The GIN index returns 1, 776 matches, which are then separately sorted to select the ten best matches.
With the RUM index the query is done by a simple index scan : no unnecessary documents are scanned, no separate sorting is required:
fts=# explain (costs off, analyze)
select * from mail_messages
where tsv @@ to_tsquery('hello hackers')
order by tsv <=> to_tsquery('hello hackers')
limit 10;
QUERY PLAN
--------------------------------------------------------------------------------------------
Limit(actual time=5.083..5.171 rows=10 loops=1)
-> Index Scan using tsv_rum on mail_messages (actual ... rows=10 loops=1)
Index Cond: (tsv @@ to_tsquery('hello hackers'::text))
Order By: (tsv <=> to_tsquery('hello hackers'::text))
Planning time: 0.244 ms
Execution time: 5.207 ms
(6 rows)

Additional information

RUM index, like GIN, can be constructed from multiple fields. But if in GIN lexemes of different columns are stored independently from each other, RUM allows to "link" the main field (tsvector in our case) with an additional one. To do this, use a special class of operators rum_tsvector_addon_ops:
fts=# create index on mail_messages using rum(tsv rum_tsvector_addon_ops, sent)
with (attach='sent', to='tsv');
CREATE INDEX

This index can be used to output the results in sorting order by an additional field :
fts=# select id, sent, sent <=> '2017-01-01 15:00:00'
from mail_messages
where tsv @@ to_tsquery('hello')
order by sent <=> '2017-01-01 15:00:00'
limit 10;
id | sent | ?column?
---------+---------------------+----------
2298548 | 2017-01-01 15:03:22 | 202
2298547 | 2017-01-01 14:53:13 | 407
2298545 | 2017-01-01 13:28:12 | 5508
2298554 | 2017-01-01 18:30:45 | 12645
2298530 | 2016-12-31 20:28:48 | 66672
2298587 | 2017-01-02 12:39:26 | 77966
2298588 | 2017-01-02 12:43:22 | 78202
2298597 | 2017-01-02 13:48:02 | 82082
2298606 | 2017-01-02 15:50:50 | 89450
2298628 | 2017-01-02 18:55:49 | 100549
(10 rows)

Here we are looking for matching strings that are as close as possible to the specified date, whether earlier or later. To get results strictly before (or after) the date, one has to use the operation <=| (or |=> ).
The query, as we expect, is performed by a simple index scan :
ts=# explain (costs off)
select id, sent, sent <=> '2017-01-01 15:00:00'
from mail_messages
where tsv @@ to_tsquery('hello')
order by sent <=> '2017-01-01 15:00:00'
limit 10;
QUERY PLAN
---------------------------------------------------------------------------------
Limit
-> Index Scan using mail_messages_tsv_sent_idx on mail_messages
Index Cond: (tsv @@ to_tsquery('hello'::text))
Order By: (sent <=> '2017-01-01 15:00:00'::timestamp without time zone)
(4 rows)

If we created an index without any additional information about the relationship of the fields, we would have to sort all the results obtained from the index for a similar query.
Of course, you can add other data types to RUM-index besides date – almost all basic types are supported. For example, an online store can quickly display items by newness (date), price (numeric), popularity or discount size (integer or floating point).

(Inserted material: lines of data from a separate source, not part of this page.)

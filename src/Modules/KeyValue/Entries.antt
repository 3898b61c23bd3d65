-- ===== src/Modules/KeyValue/Entries.antt =====
-- What a configuration printed from entries gives back.
use garcon.Prelude.{
  ℕ, ◌≡◌, ◌≢◌, refl, ap, ◌∙◌, Bool, false, Option, none, some, List, [], ◌∷◌, ◌++◌, map, All,
  if◌then◌else◌,
}
use garcon.Text.{Bytes, equal, has, trim, is_space}
use garcon.Text.Search.{cut_at-append, has-append}
use garcon.Text.Trim.{IsTrimmed, EndsTrimmed, EndsTrimmed-cons, trim_by_eq}
use garcon.Text.Fields.{join, NoDelimiter, pieces-join}
use garcon.Modules.KeyValue.{front_is, entry_of, get, get_from}

abbrev pub line_of : Bytes × Bytes → Bytes
line_of (key, value) = key ++ (b'=' ∷ value)

pub print : List (Bytes × Bytes) → Bytes
print entries = join b'\n' (map line_of entries)

-- A key is not empty and begins no comment; key and value are trimmed, on one line, and the key has
-- no `=`.
abbrev pub IsEntry : Bytes × Bytes → Type 0
IsEntry (key, value) =
    (key ≢ [])
    × (front_is b'#' key ≡ false)
    × (has b'=' key ≡ false)
    × (has b'\n' key ≡ false)
    × (has b'\n' value ≡ false)
    × IsTrimmed is_space key
    × IsTrimmed is_space value

unfoldable pub lookup : Bytes → List (Bytes × Bytes) → Option Bytes
lookup key [] = none
lookup key ((k, value) ∷ entries) =
    let later = lookup key entries in if equal k key then some value else later

EndsTrimmed-append :
    (p : ℕ → Bool) (a : Bytes) (c : ℕ) (s : Bytes)
    → EndsTrimmed p (c ∷ s)
    → EndsTrimmed p (a ++ (c ∷ s))
EndsTrimmed-append p [] c s h = h
EndsTrimmed-append p (b ∷ []) c s h = h
EndsTrimmed-append p (b ∷ d ∷ a) c s h = EndsTrimmed-append p (d ∷ a) c s h

trim-line_of : (entry : Bytes × Bytes) → IsEntry entry → trim (line_of entry) ≡ line_of entry
unfolding trim is_space
trim-line_of ([], value) (n, _, _, _, _, _, _) = absurd (n refl)
trim-line_of (c ∷ key, value) (_, _, _, _, _, k, v) =
    trim_by_eq is_space (c ∷ (key ++ (b'=' ∷ value))) (
      k.0,
      EndsTrimmed-append is_space (c ∷ key) b'=' value
          (EndsTrimmed-cons is_space b'=' value v.1 refl),
    )

entry_of-line_of : (entry : Bytes × Bytes) → IsEntry entry → entry_of (line_of entry) ≡ some entry
unfolding entry_of trim
entry_of-line_of ([], value) (n, _, _, _, _, _, _) = absurd (n refl)
entry_of-line_of (c ∷ key, value) (_, f, e, _, _, k, v) =
    rw
      (
        f,
        cut_at-append b'=' [] (c ∷ key) value e,
        trim_by_eq is_space (c ∷ key) k,
        trim_by_eq is_space value v,
      )
      refl

get_from-map :
    (key : Bytes) (entries : List (Bytes × Bytes))
    → All IsEntry entries
    → get_from key (map line_of entries) ≡ lookup key entries
unfolding get_from lookup
get_from-map key [] h = refl
get_from-map key ((k, value) ∷ entries) h =
    rw (trim-line_of (k, value) h.0, entry_of-line_of (k, value) h.0, get_from-map key entries h.1)
      refl

lines-NoDelimiter :
    (entries : List (Bytes × Bytes)) → All IsEntry entries → NoDelimiter b'\n' (map line_of entries)
lines-NoDelimiter [] h = tt
lines-NoDelimiter ((k, value) ∷ entries) ((_, _, _, a, b, _, _), h) =
    (rw (has-append b'\n' k (b'=' ∷ value), a) (unfold has in b), lines-NoDelimiter entries h)

-- Reading a key from printed entries gives the value of the first entry with that key, and nothing
-- where there is none: keys are not empty, begin no comment and have no `=`, and keys and values
-- are trimmed and free of line ends.
pub get-print :
    (entries : List (Bytes × Bytes)) (key : Bytes)
    → entries ≢ []
    → All IsEntry entries
    → get (print entries) key ≡ lookup key entries
unfolding get print
get-print [] key n h = absurd (n refl)
get-print (entry ∷ entries) key n h =
    ap (get_from key) (
      pieces-join b'\n' (map line_of (entry ∷ entries)) (λ e. cc)
        (lines-NoDelimiter (entry ∷ entries) h))
    ∙ get_from-map key (entry ∷ entries) h
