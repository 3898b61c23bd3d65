-- ===== src/Modules/KeyValue/Tests.antt =====
-- A configuration of two keys.
use garcon.Prelude.{◌≡◌, refl, some, [], ◌∷◌}
use garcon.Text.{Bytes, bytes, has, pieces, trim, trim_by, is_space, equal, starts_with, cut_at}
use garcon.Modules.KeyValue.{get, get_from, entry_of}
use garcon.Modules.KeyValue.Entries.{print, lookup, get-print}

abbrev config_text : Bytes
config_text = bytes "# a = b\n a = 1 = 2\n\na=3\n b ="

get_a : get config_text (bytes "a") ≡ some (bytes "1 = 2")
unfolding get get_from entry_of pieces trim trim_by is_space equal starts_with cut_at
get_a = refl

get_b : get config_text (bytes "b") ≡ some (bytes "")
unfolding get get_from entry_of pieces trim trim_by is_space equal starts_with cut_at
get_b = refl

get-print_example :
    get (print ((bytes "a", bytes "1") ∷ (bytes "b", bytes "x = y") ∷ [])) (bytes "b")
    ≡ some (bytes "x = y")
unfolding is_space has lookup equal
get-print_example =
    get-print ((bytes "a", bytes "1") ∷ (bytes "b", bytes "x = y") ∷ []) (bytes "b") (λ e. cc)
      (
        ((λ e. cc), refl, refl, refl, refl, (refl, refl), (refl, refl)),
        (((λ e. cc), refl, refl, refl, refl, (refl, refl), (refl, refl)), tt),
      )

Other classes of operators

To complete the picture, it’s worth mentioning the other classes of operators available.
Let’s start with rum_tsvector_hash_ops and rum_tsvector_hash_addon_ops. These are all similar to the rum_tsvector_ops and rum_tsvector_addon_ops already discussed above, but the hash code, not the token itself, is stored in the index. This may reduce the size of the index, but of course makes the search less accurate and requires re-checking. In addition, the index no longer supports partial matches.
A curious class of operators rum_tsquery_ops. It allows you to do the "reverse" problem: find queries that match the document. Why would you need it? For example, to sign the user for new products according to his filter. Or to automatically classify new documents. Here is a simple example :
fts=# create table categories(query tsquery, category text);
CREATE TABLE
fts=# insert into categories values
(to_tsquery('vacuum | autovacuum | freeze'), 'vacuum'),
(to_tsquery('xmin | xmax | snapshot | isolation'), 'mvcc'),
(to_tsquery('wal | (write ahead log) | durability'), 'wal');
INSERT 0 3
fts=# create index on categories using rum(query);
CREATE INDEX
fts=# select array_agg(category)
from categories
where to_tsvector(
'Hello hackers, the attached patch greatly improves performance of tuple
freezing and also reduces size of generated write-ahead logs.'
) @@ query;
array_agg
--------------
{vacuum, wal}
(1 row)

Operator classes remain rum_anyarray_ops and rum_anyarray_addon_ops – they are not designed to work with tsvector, but with arrays. For the GIN this has already been covered last time , so there’s no reason to repeat it.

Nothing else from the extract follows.